The protons in these hydrogen atoms have an intrinsic property called Spin that makes them behave like tiny magnets.
(Note that Spin has nothing to do with any actual physical spinning.)
Under normal conditions, the net magnetic field produced by all hydrogen atoms in the body is zero.
Here comes the MRI scanner.
An MRI scanner uses magnets as powerful as 3 Teslas or about 50,000 times greater than the Earth’s magnetic field.
When the magnetic field produced by these magnets is applied to a body part, the protons in the hydrogen atoms present there align either parallel or anti-parallel to it.
Next, the MRI scanner applies a radiofrequency pulse to these protons that tilts them away from their alignment with the magnetic field.
When the radiofrequency pulse is turned off, the unaligned protons spiral back to their original alignment.
This spiralling motion induces a current signal that is read by the MRI scanner and reconstructed into an image of the body part’s internal structure using mathematical functions such as Fourier transforms.
Different body parts (e.g., muscles, bones, brain) have different relaxation times and this results in contrasts between these structures in the final image.

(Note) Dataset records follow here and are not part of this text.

-- ===== src/Examples/Lgets.antt =====
-- A list of two elements on two lines, one of them with a newline inside.
use tclx.Base.{
  ℕ, ◌≡◌, refl, Bool, true, false, Option, none, some, List, [], ◌∷◌, ◌++◌, map, Text, text, arith,
}
use tclx.Util.{get_open_channel}
use tclx.Interp.{Interp, ok, value}
use tclx.Lgets.{Gets, full_line, newline}
use tclx.Lgets.Command.{read_list, lgets_cmd}
use tclx.Lgets.Ends.{Ended, read_list-Ended}
use tclx.Lgets.Braced.{balanced, depth_after}
use tclx.Lgets.Printed.{lgets_cmd-list_line}

abbrev broken : Text
broken = b'c' ∷ newline ∷ b'd' ∷ []

abbrev lists : List Text
lists = text "a b" ∷ broken ∷ []

abbrev lines : List Text
lines = text "{a b} {c" ∷ text "d}" ∷ []

abbrev line_behind : List Gets
line_behind = full_line (text "e") ∷ []

abbrev channel : List Gets
channel = map full_line lines ++ line_behind

-- A backslash stands for the newline, and is one byte.
abbrev one_byte : Text → ℕ × ℕ
one_byte t = (newline, 1)

abbrev get_channel : Text → Option (ℕ × Bool × Bool)
get_channel t = some (7, true, true)

abbrev unset : Interp (List Text)
unset = record { vars = λ k. none; settable = λ k. true }

readable : get_open_channel get_channel (text "file") true false ≡ some 7
unfolding get_open_channel
readable = refl

spaced : balanced 0 (text "a b") ≡ true
unfolding balanced depth_after
spaced = refl

over_lines : balanced 0 broken ≡ true
unfolding balanced depth_after
over_lines = refl

read_list-Ended_example : Ended (read_list one_byte 30 30 channel)
read_list-Ended_example =
    read_list-Ended one_byte (λ t. omega arith) 30 30 channel (omega arith) (omega arith)

lgets_cmd-list_line_example :
    lgets_cmd get_channel (λ c. some true) one_byte 9 9 (text "file" ∷ []) (λ c. channel) unset
    ≡ some (ok (value lists) unset, line_behind)
lgets_cmd-list_line_example =
    lgets_cmd-list_line get_channel (λ c. some true) one_byte 9 9 7 (text "file") lists lines
      line_behind (λ c. channel) unset readable refl refl refl
      (spaced, omega arith, (over_lines, omega arith, tt)) (omega arith)
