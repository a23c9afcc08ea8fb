-- ===== src/EmailService/Mime/Tests.antt =====
-- A witness for the MIME messages, over toy encodings that satisfy the laws.
use qu_mail.Result.{ok}
use qu_mail.Prelude.{Bytes, Option, some, none, [], ◌∷◌, ◌≡◌, ap, arith, refl}
use qu_mail.Engine.Envelope.{Fields, no_fields}
use qu_mail.EmailService.Mime.{MimeEnvelope}
use qu_mail.KeyManager.Tests.Data.{codec}
use qu_mail.Engine.Tests.Wire.{codecs}
use qu_mail.EmailService.Mime.{build_encrypted_mime, OutgoingAttachment, MimeCodec, algorithm_of}
use qu_mail.EmailService.Mime.Parser.{parse_qumail_message}
use qu_mail.EmailService.Mime.Transport.{MimeTransport, received}
use qu_mail.EmailService.Mime.RoundTrip.{seen, parse_qumail_message-build_encrypted_mime}

abbrev fields_of : MimeEnvelope → Fields
fields_of e = record no_fields {
  version = e.version;
  security_level = e.security_level;
  algorithm = e.subject;
  ciphertext = e.body;
}

abbrev envelope_of : Option Fields → Option MimeEnvelope
envelope_of none = none
envelope_of (some d) = some (record {
  subject = d.algorithm;
  body = d.ciphertext;
  version = d.version;
  security_level = d.security_level;
})

abbrev opened : Bytes → Option Bytes
opened [] = none
opened (b ∷ bs) = some bs

abbrev mime : MimeCodec
mime = record {
  str = codec.isoformat;
  int = codec.fromisoformat;
  utf8_encode = codecs.utf8_encode;
  utf8_strict = λ b. some (codecs.utf8_decode b);
  dumps = λ e. codecs.dumps (fields_of e);
  loads = λ b. envelope_of (codecs.loads b);
  b64encode = λ b. 0 ∷ b;
  b64decode = opened;
  int-str = codec.from-iso;
  loads-dumps = λ e. ap envelope_of (codecs.loads-dumps (fields_of e));
  dumps_text = λ e. (codecs.utf8_decode (0 ∷ codecs.dumps (fields_of e)), refl);
  dumps_nonempty = λ e h. ground arith;
  decode-encode = λ b. refl;
}

abbrev note : OutgoingAttachment
note = record { filename = "n"; content = 8 ∷ 9 ∷ []; original_size = none }

-- A transport that keeps every header.
abbrev transport : MimeTransport
transport = record {
  carry = λ headers. headers;
  lookup-carry = λ headers name value own found h. found;
  carry-absent = λ headers name own missing. missing;
}

parse_qumail_message-build_encrypted_mime_example :
    parse_qumail_message mime
      (λ t. t)
      (received transport (
        build_encrypted_mime mime "alice"
          ("bob" ∷ [])
          ("carol" ∷ [])
          "plan"
          "Y2lwaGVy"
          2
          (some "k")
          (note ∷ [])))
    ≡ ok (record {
      encrypted_body = some "Y2lwaGVy";
      body = "";
      metadata = record {
        version = "1.0";
        security_level = 2;
        key_id = some "k";
        algorithm = some "AES-256-GCM";
        subject = some "plan";
      };
      attachments = seen mime transport (λ t. t) note ∷ [];
    })
unfolding algorithm_of
parse_qumail_message-build_encrypted_mime_example =
    parse_qumail_message-build_encrypted_mime mime transport (λ t. t) "alice" "plan" "Y2lwaGVy"
      ("bob" ∷ []) ("carol" ∷ []) 2 (some "k") (note ∷ []) (refl, omega arith) (refl, omega arith)
      ((refl, omega arith), (refl, omega arith), tt)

What Is fMRI & How It?Works
fMRI stands for Functional Magnetic Resonance Imaging.
It is a special type of MRI scan that helps visualise activity in different parts of one’s brain in real-time.
fMRI is based on the principle that when a brain area becomes active, it consumes more oxygen and thus there is an increase in the supply of oxygen-rich blood to this area.
Because oxygen-rich blood contains Oxyhemoglobin, a diamagnetic compound (repelled by a magnetic field), it changes the magnetic property of this brain area which is then detected by the fMRI machine.
fMRIs offer a high Spatial resolution (the ability to differentiate between two points in space), which is typically in the range of 1 to 3 mm.
But, it has a lower Temporal resolution (the smallest unit of time in which changes in brain activity can be reliably detected), and this is typically around 1–4 seconds.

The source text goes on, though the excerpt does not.